◆ **EXERCISE OBJECTIVE**: Please report each line of the data below that contains "Unit".

(Stored data entries)
┌──
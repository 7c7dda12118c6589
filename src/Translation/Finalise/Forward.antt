-- ===== src/Translation/Finalise/Forward.antt =====
-- Labels that are placed behind the jumps to them become offsets ahead of these.

use reil.Base.{
  ℕ, zero, suc, ◌+◌, ◌≤◌, ◌<◌, ◌≡◌, refl, ap, false, arith, Option, some, none, List, [], ◌∷◌, ◌++◌,
  length, get_elem?, All, u16, inl, inr, Bool-cases,
}
use reil.Instruction.{
  Operand, Instruction, no_operand, immediate, offset, register, temporary, label,
}
use reil.Interpreter.Forward.{IsLater, IsForward}
use reil.Translation.Finalise.{placed_label, jumps_to, resolve_one, resolve, erase_at}

-- An operand that is no offset.
abbrev pub IsNoOffset : Operand → Type 0
IsNoOffset (offset o) = ⊥
IsNoOffset _ = Unit

-- Nothing jumps to the label.
abbrev pub IsUnused : Option ℕ → List Instruction → Type 0
IsUnused none l = Unit
IsUnused (some index) l = All (λ rj. jumps_to index rj ≡ false) l

-- No output is an offset, and no label is jumped to from where it is placed on.
abbrev pub IsOrdered : List Instruction → Type 0
IsOrdered [] = Unit
IsOrdered (ri ∷ rest) =
    IsNoOffset ri.output × IsUnused (placed_label ri) (ri ∷ rest) × IsOrdered rest

pub later : (i : ℕ) (o : Operand) → IsNoOffset o → IsLater i o
later i (offset o) h = absurd h
later i no_operand h = tt
later i (immediate a) h = tt
later i (register r) h = tt
later i (temporary t) h = tt
later i (label l) h = tt

pub append-IsForward :
    (k : ℕ) (front : List Instruction) (ri : Instruction)
    → IsForward k front
    → IsNoOffset ri.output
    → IsForward k (front ++ ri ∷ [])
append-IsForward k [] ri h free = (later k ri.output free, tt)
append-IsForward k (r ∷ front) ri h free = (h.0, append-IsForward (suc k) front ri h.1 free)

resolve_one-IsLater :
    (index i k : ℕ) (ri : Instruction)
    → k < u16 i
    → IsLater k ri.output
    → IsLater k (resolve_one index i ri).output
unfolding resolve_one
resolve_one-IsLater index i k ri lt h = elim (Bool-cases (jumps_to index ri)) [
  | inl jumps ↦ rw jumps lt
  | inr stays ↦ rw stays h
]

pub resolve-IsForward :
    (index i k : ℕ) (front : List Instruction)
    → k + length front ≤ u16 i
    → IsForward k front
    → IsForward k (resolve index i front)
unfolding resolve
resolve-IsForward index i k [] le h = tt
resolve-IsForward index i k (r ∷ front) le h = (
  resolve_one-IsLater index i k r (omega arith) h.0,
  resolve-IsForward index i (suc k) front (omega arith) h.1,
)

pub length-resolve : (index i : ℕ) (l : List Instruction) → length (resolve index i l) ≡ length l
unfolding resolve
length-resolve index i [] = refl
length-resolve index i (r ∷ l) = ap suc (length-resolve index i l)

pub resolve-append :
    (index i : ℕ) (front back : List Instruction)
    → resolve index i (front ++ back) ≡ resolve index i front ++ resolve index i back
unfolding resolve
resolve-append index i [] back = refl
resolve-append index i (r ∷ front) back =
    ap (λ l. resolve_one index i r ∷ l) (resolve-append index i front back)

-- Where nothing jumps to the label, nothing is changed.
pub resolve-same :
    (index i : ℕ) (l : List Instruction)
    → All (λ rj. jumps_to index rj ≡ false) l
    → resolve index i l ≡ l
unfolding resolve resolve_one
resolve-same index i [] h = refl
resolve-same index i (r ∷ l) h = rw (h.0, resolve-same index i l h.1) refl

pub erase_at-append :
    (front : List Instruction) (ri : Instruction) (back : List Instruction) (i : ℕ)
    → i ≡ length front
    → erase_at i (front ++ ri ∷ back) ≡ front ++ back
unfolding erase_at
erase_at-append [] ri back zero e = refl
erase_at-append [] ri back (suc i) e = absurd (omega arith)
erase_at-append (r ∷ front) ri back zero e = absurd (omega arith)
erase_at-append (r ∷ front) ri back (suc i) e =
    ap (λ l. r ∷ l) (erase_at-append front ri back i (omega arith))

pub get_elem?-append :
    (front : List Instruction) (ri : Instruction) (back : List Instruction) (i : ℕ)
    → i ≡ length front
    → get_elem? (front ++ ri ∷ back) i ≡ some ri
get_elem?-append [] ri back zero e = refl
get_elem?-append [] ri back (suc i) e = absurd (omega arith)
get_elem?-append (r ∷ front) ri back zero e = absurd (omega arith)
get_elem?-append (r ∷ front) ri back (suc i) e = get_elem?-append front ri back i (omega arith)

pub get_elem?-end : (l : List Instruction) (i : ℕ) → length l ≤ i → get_elem? l i ≡ none
get_elem?-end [] i h = refl
get_elem?-end (r ∷ l) zero h = absurd (omega arith)
get_elem?-end (r ∷ l) (suc i) h = get_elem?-end l i (omega arith)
└──
◆ **YOUR SOLUTION**:
IsNoOffset _ = Unit
IsUnused none l = Unit
IsOrdered [] = Unit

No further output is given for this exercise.